International career^{‡}
- 2015–: Montserrat / 14 / (0)

= Massiah McDonald =

Montserratian footballer (born 1990)

Julian Massiah McDonald (born 20 August 1990) is a Montserratian footballer. He made his international debut for Montserrat in March 2015.

== Career ==
=== Club career ===
Following his release from Notts County as a youngster, McDonald began his non-league career with Alfreton Town, breaking into the first team at the age of 16 in the 2006–07 season after two years in the youth set-up. Making three appearances in the first team, Scorong once. He joined Rainworth Milners Welfare in 2008, and spent two years with the club. Departing the club in May 2010, the forward spent a season with Carlton Town, scoring 22 times in 35 appearances.
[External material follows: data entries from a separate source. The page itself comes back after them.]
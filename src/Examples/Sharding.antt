-- ===== src/Examples/Sharding.antt =====
-- Concrete leases, tokens and routers, with a server that keeps no times.
use golang_predix.Common.{◌<◌, ◌≡◌, ◌≢◌, refl, true, false, some, [], ◌∷◌, codes, length, get_elem?}
use golang_predix.Common.Int.{pos}
use golang_predix.Partition.Router.{new_router, partition, partition_streams, stream_for_event}
use golang_predix.Partition.Router.Range.{events_are_routed}
use golang_predix.Partition.Redis.{simple_redis, empty_keys}
use golang_predix.Partition.Lease.{Lease, acquire, renew, release}
use golang_predix.Partition.Lease.Exclusion.{
  acquires, renews, releases, act_all, acquire_is_exclusive,
}

abbrev first : Lease
first = record { key = codes "k"; instance_id = 1 ∷ []; ttl = 5000 }

abbrev second : Lease
second = record { key = codes "k"; instance_id = 2 ∷ []; ttl = 5000 }

differ : second.instance_id ≢ first.instance_id
differ e = cc

acquire_is_exclusive_example :
    let s' =
      act_all simple_redis
        (acquires second ∷ renews first ∷ releases second ∷ [])
        (acquire simple_redis first empty_keys).1 in
    ((acquire simple_redis first empty_keys).0 ≡ true)
    × ((renew simple_redis first s').0 ≡ true)
    × (acquire simple_redis first s' ≡ (false, s'))
    × (acquire simple_redis second s' ≡ (false, s'))
    × (renew simple_redis second s' ≡ (false, s'))
    × (release simple_redis second s' ≡ s')
acquire_is_exclusive_example =
    acquire_is_exclusive simple_redis first second
      (acquires second ∷ renews first ∷ releases second ∷ []) empty_keys refl
      (tt, (tt, ((λ e. differ), tt))) refl differ

events_are_routed_example :
    let r = new_router (pos 4) [] in
    (partition r (codes "event-7") < r.partitions)
    × (length (partition_streams r) ≡ r.partitions)
    × (get_elem? (partition_streams r) (partition r (codes "event-7"))
        ≡ some (stream_for_event r (codes "event-7")))
events_are_routed_example = events_are_routed (pos 4) [] (codes "event-7")
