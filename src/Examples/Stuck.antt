-- ===== src/Examples/Stuck.antt =====
-- A concrete order whose id is no uuid, from the request to the worker.
use golang_predix.Common.{
  ℕ, ◌≡◌, refl, true, Option, none, some, List, [], ◌∷◌, ◌++◌, Text, codes, Text-discrete,
}
use golang_predix.Common.Int.{ℤ, pos}
use golang_predix.Engine.Types.{buy, outcome_yes, limit, empty_book}
use golang_predix.Engine.Events.{Envelope, Engine}
use golang_predix.Engine.Orders.{CreateRequest, new_order, is_empty}
use golang_predix.Engine.Handlers.{create_order_core, create_order}
use golang_predix.Engine.Handlers.Resubmit.{is_placed}
use golang_predix.Engine.Handlers.Stream.{announcement}
use golang_predix.Partition.Redis.{simple_redis, empty_keys}
use golang_predix.Partition.Router.{fencing_key}
use golang_predix.Partition.Fencing.{fencing_accept, fencing_decision}
use golang_predix.Database.Worker.{received, Delivery, run_worker}
use golang_predix.Api.Answers.{bad_request_400, invalid_order_id, deny, pass}
use golang_predix.Api.Orders.{OrderBody, check_order, delete_order}
use golang_predix.Api.Stuck.{unreadable_id_stops_worker}
use golang_predix.Samples.{fresh_store, fresh_engine, world}
use golang_predix.Examples.Tables.{willing, tables}
use golang_predix.Examples.Requests.{read_uuid, web, cents, site, wanted}

abbrev odd : OrderBody ℤ
odd = record wanted { order_id = codes "!1"; price = pos 1 }

abbrev asked : CreateRequest
asked = record {
  order_id = codes "!1";
  event_id = codes "e";
  user_id = codes "ana";
  order_type = limit;
  outcome = outcome_yes;
  side = buy;
  quantity = pos 3;
  price = pos 10000;
}

abbrev ready : Engine
ready = record fresh_engine {
  store = record fresh_store {
    markets = (codes "e", record { yes_book = empty_book; no_book = empty_book }) ∷ [];
    balances = (codes "ana", record { available = pos 1000000; reserved = pos 0 }) ∷ [];
  };
}

abbrev announced : Envelope
announced = announcement world 0 (new_order world asked) ready

abbrev delivery : Delivery simple_redis
delivery = record {
  server = record willing { parse_uuid = read_uuid };
  tokens = empty_keys;
  event = some (received announced);
}

asked_passes : check_order cents web (some (codes "ana")) (some odd) site ≡ pass asked
unfolding check_order is_empty Text-discrete golang_predix.Api.Orders.binds_order
    golang_predix.Api.Orders.request_of golang_predix.Api.Orders.get_event_by_id
    golang_predix.Api.Tables.find_event golang_predix.Api.Tables.is_true
    golang_predix.Engine.Types.is_limit golang_predix.Common.Int.◌*ℤ◌ golang_predix.Common.Int.◌+ℤ◌
asked_passes = refl

asked_is_placed : is_placed (create_order_core world 0 (some asked) ready).0 ≡ true
unfolding golang_predix.Engine.Types.is_buy golang_predix.Engine.Types.is_market
    golang_predix.Engine.Types.is_limit golang_predix.Engine.Types.update
    golang_predix.Engine.Types.new_market golang_predix.Engine.Types.book_of
    golang_predix.Engine.Types.set_book golang_predix.Engine.Types.registered
    golang_predix.Engine.Ledger.put_balance golang_predix.Engine.Ledger.put_locked
    golang_predix.Engine.Ledger.freeze golang_predix.Engine.Ledger.create_user
    golang_predix.Engine.Ledger.buy_cost golang_predix.Engine.Ledger.reserve_funds
    golang_predix.Engine.Ledger.reserve_order golang_predix.Engine.Ledger.settle_trades
    golang_predix.Engine.Matching.is_filled golang_predix.Engine.Matching.is_canceled
    golang_predix.Engine.Matching.is_rejected golang_predix.Engine.Matching.find_counterparty
    golang_predix.Engine.Matching.remove_invalid golang_predix.Engine.Matching.trade_with
    golang_predix.Engine.Matching.round golang_predix.Engine.Matching.resume
    golang_predix.Engine.Matching.match_loop golang_predix.Engine.Matching.opposing
    golang_predix.Engine.Matching.set_opposing golang_predix.Engine.Matching.match_against_book
    golang_predix.Engine.Book.insert_stable golang_predix.Engine.Book.insert_all
    golang_predix.Engine.Book.sort_stable golang_predix.Engine.Book.add_to_book
    golang_predix.Engine.Events.token_of golang_predix.Engine.Events.new_envelope
    golang_predix.Engine.Events.next_sequence golang_predix.Engine.Events.set_sequence
    golang_predix.Engine.Events.append_outbox golang_predix.Engine.Events.reset_outbox
    golang_predix.Engine.Events.fan_out golang_predix.Engine.Events.emit_cycle
    golang_predix.Engine.Events.emit_event golang_predix.Engine.Orders.is_success
    golang_predix.Engine.Orders.is_empty golang_predix.Engine.Orders.check_side
    golang_predix.Engine.Orders.check_outcome golang_predix.Engine.Orders.check_price
    golang_predix.Engine.Orders.validate_order golang_predix.Engine.Orders.new_order
    golang_predix.Engine.Orders.register golang_predix.Engine.Orders.admit
    golang_predix.Engine.Orders.set_status golang_predix.Engine.Orders.outcome_of_match
    golang_predix.Engine.Orders.book_after golang_predix.Engine.Orders.matched
    golang_predix.Engine.Orders.release_if_done golang_predix.Engine.Orders.match_in
    golang_predix.Engine.Orders.match_in_market golang_predix.Engine.Orders.match_order
    golang_predix.Engine.Handlers.set_store golang_predix.Engine.Handlers.env_of
    golang_predix.Engine.Handlers.create_event golang_predix.Engine.Handlers.user_created
    golang_predix.Engine.Handlers.count_filled golang_predix.Engine.Handlers.publish_trades
    golang_predix.Engine.Handlers.match_and_report golang_predix.Engine.Handlers.placed
    golang_predix.Engine.Handlers.announce golang_predix.Engine.Handlers.admit_and_announce
    golang_predix.Engine.Handlers.create_order_core golang_predix.Engine.Handlers.count_answer
    golang_predix.Engine.Handlers.create_order golang_predix.Engine.Commands.replied
    golang_predix.Engine.Commands.handle_message golang_predix.Engine.Commands.process_entry
    golang_predix.Engine.Commands.process_entries golang_predix.Common.Dict.lookup
    golang_predix.Common.Dict.contains golang_predix.Common.Dict.insert
    golang_predix.Common.Dict.value_or golang_predix.Common.Int64.wrap64
    golang_predix.Common.Int64.add64 golang_predix.Common.Int64.sub64
    golang_predix.Common.Int64.mul64 golang_predix.Common.Text-discrete
    golang_predix.Common.ℕ_discrete golang_predix.Engine.Commands.replay_entries
    golang_predix.Engine.Commands.set_replaying golang_predix.Engine.Commands.apply_command
asked_is_placed = refl

announced_is_current :
    fencing_decision simple_redis
      (fencing_key (received announced).partition_id)
      (received announced).fencing_token
      empty_keys
    ≡ fencing_accept
unfolding fencing_decision golang_predix.Partition.Fencing.fencing_decision_for_token
    golang_predix.Partition.Fencing.current received announcement
    golang_predix.Engine.Events.new_envelope golang_predix.Engine.Events.token_of
announced_is_current = refl

unreadable_id_stops_worker_example :
    (asked.order_id ≡ codes "!1")
    × ((rest : List Envelope) × ((create_order world 0 (some asked) ready).1.stream
          ≡ ready.stream ++ announced ∷ rest))
    × (run_worker simple_redis (delivery ∷ delivery ∷ []) tables
        ≡ (delivery ∷ delivery ∷ [], tables))
    × (delete_order web (some (codes "ana")) (codes "!1") site
        ≡ (some (deny bad_request_400 invalid_order_id), site))
unfolding is_empty
unreadable_id_stops_worker_example =
    unreadable_id_stops_worker cents web (codes "ana") odd site asked world 0 ready simple_redis
      delivery (delivery ∷ []) tables asked_passes refl refl refl refl refl asked_is_placed refl
      announced_is_current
Completing a switch to Worksop Town in August 2011, McDonald joined the club for 18 months. His spell also included a one-month loan at Matlock Town in October 2011, but he made the move permanent a month later before remaining with the club until the end of the season. He scored nine times in 30 games for the Gladiators.

On 8 August 2014, McDonald re-joined Alfreton Town at the age of 23. Spending a single season with club, he also had a one-month loan away from North Street when joining Boston United in late January 2015. However, he failed to score in four appearances for the Pilgrims, while scoring twice for Alfreton throughout the season.

In May 2015, McDonald dropped down a division in order to join Bradford Park Avenue. Joining Mickleover Sports on a one-month loan in September 2015, he scored on his debut in a 2–0 win over Buxton. McDonald then signed for Rushall Olympic on a one-month loan in October 2015, and scored two goals on his debut.

Initially joining Corby Town on a one-month loan in December 2015, McDonald opted for a second spell with the Steelmen a few weeks after, and headed to Steel Park on loan for the remainder of the season.

On 21 May 2016, Coalville Town announced that McDonald had signed a one-year deal with the club. He signed for AFC Rushden & Diamonds in July 2019.

On 14 December 2021, McDonald signed for Shepshed Dynamo.

=== International career ===
McDonald made his international debut for Montserrat on 27 March 2015, featuring in a 2–1 defeat to Curaçao during 2018 World Cup qualification. He made his second appearance three days later, in a 2–2 draw with Curaçao in the same competition. After 3 years away from the national team, he returned to action in October 2018 in a 1–0 win over Belize.